PJM does not report its internal flows and circuits to the systems which allow
tracking and unwinding of transactions when necessary to resolve overload
problems; MISO does, but only within its footprint. Unfortunately, Commonwealth
Edison (an Exelon operating company) (ComEd), for example, is embedded within
the MISO grid, so that ComEd transactions across the AEP grid into its affiliate
in PJM are not subject to MISO oversight. As part of PJM, ComEd flows are no
longer visible to the entities outside PJM. While these flows contribute
significantly to the loop flows through Michigan, they are no longer curtailable
through the current TLR (NERC's Transmission Line Loading Relief) process.
When these RTO configuration issues were first raised at the July 17, 2002
FERC meeting, NERC's Mr. Gent, in discussing the concerns raised, stated
"is this the configuration as you would have designed it? Probably not. Is
it the configuration that I would have designed? Probably not. But it is the
configuration that the participants have chosen,,..Therefore, our
recommendation to you is that you condition your approval of any configuration
on the participants successfully convincing the industry, through our NERC
Operating Committee, that reliability is not impaired." However,
notwithstanding the forceful, unanimous, and continuous objections of the
Michigan companies, the NERC Operating Committee and NERC regional council, ECAR,
have approved, and continue to approve the proposed reliability plan. In fact,
ECAR voted to approve the plan on August 15, 2003, while major areas of Michigan
were still blacked out, when none of the Michigan companies were present.

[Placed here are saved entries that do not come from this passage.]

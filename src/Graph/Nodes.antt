-- ===== src/Graph/Nodes.antt =====
-- ayatori/src/graph_representation/specific_nodes.rs: the nodes, as far as the rules read them. An
-- argument or a dependency of a node is a node, of which the rules read the tag alone
-- (`store_in()`), so it is that tag here.
use ayatori.Prelude.{String, List}
use ayatori.Collections.BTreeSet.{BTreeSet}
use ayatori.Collections.BTreeMap.{BTreeMap}
use ayatori.Entities.Tags.{FullName, ScalarTag, MappingTag, AnyTag, CollectedTag}
use ayatori.Entities.Params.{SessionParameters}
use ayatori.Entities.Party.{PartyGroup}
use ayatori.Entities.Value.{SerdeAdapter}
use ayatori.Entities.Function.{
  ScalarFunction, MappingFunction, SerializeAndSignBcFunction, SerializeAndSignDmFunction,
  DeserializeFunction,
}

pub record ComputeScalar (P : SessionParameters) : Type 0 where
  pub store_in : FullName
  pub function : ScalarFunction P
  pub args : BTreeMap String ScalarTag
  pub dependencies : List ScalarTag

-- The arguments of the verification, which a function with a reveal has and no other.
pub data ComputeMappingKind : Type 0 where
  simple third_party_attributable : ComputeMappingKind
  with_reveal : BTreeMap String AnyTag → ComputeMappingKind

pub record ComputeMapping (P : SessionParameters) : Type 0 where
  pub store_in : FullName
  pub function : MappingFunction P
  pub kind : ComputeMappingKind
  pub args : BTreeMap String AnyTag
  pub dependencies : List ScalarTag

pub record MergeScalars : Type 0 where
  pub store_in : FullName
  pub left : ScalarTag
  pub right : ScalarTag

pub record SerializeAndSignBc (P : SessionParameters) : Type 0 where
  pub store_in : FullName
  pub function : SerializeAndSignBcFunction P
  pub signs : ScalarTag
  pub message_name : FullName
  pub serde_adapter : SerdeAdapter P

pub record SerializeAndSignDm (P : SessionParameters) : Type 0 where
  pub store_in : FullName
  pub function : SerializeAndSignDmFunction P
  pub signs : AnyTag
  pub message_name : FullName
  pub serde_adapter : SerdeAdapter P

pub record DeserializeAndCheck (P : SessionParameters) : Type 0 where
  pub store_in : FullName
  pub function : DeserializeFunction P
  pub reads : FullName
  pub message_name : FullName
  pub serde_adapter : SerdeAdapter P

pub record SendBc (P : SessionParameters) : Type 0 where
  pub store_in : FullName
  pub sends : FullName
  pub destinations : BTreeSet P.Verifier
  pub dependencies : List ScalarTag

pub record SendDm : Type 0 where
  pub store_in : FullName
  pub sends : FullName
  pub dependencies : List ScalarTag

pub record Collect (P : SessionParameters) : Type 0 where
  pub store_in : CollectedTag
  pub values : MappingTag
  pub group : PartyGroup P.Verifier
  pub dependencies : List ScalarTag

pub record SendAll (P : SessionParameters) : Type 0 where
  pub store_in : FullName
  pub values : FullName
  pub destinations : BTreeSet P.Verifier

Ultimately, the safe and reliable operation of the grid can be restored by
ensuring that the standards and procedures required to do so are developed and
enforced, independent of market participants. Where the market desires
transactions which the current grid cannot safely accommodate, new
infrastructure investment must be made, rather than rely on luck and prayer.
Some required infrastructure improvements will span multiple traditional utility
footprints. Regulatory and rate changes will be required to get those facility
investments made. Some of these investments will require significant time to
obtain rights of way and address environmental issues. The institutional and
regulatory changes I have described must come now so that the existing
infrastructure can be optimized within its capabilities without repeating August
14.
My findings are based on the data that we collected within Michigan which I
will make publicly available. I urge that others do the same. At ITC, we chose
to work in the open because our job is to serve the market to the benefit of all
electric users.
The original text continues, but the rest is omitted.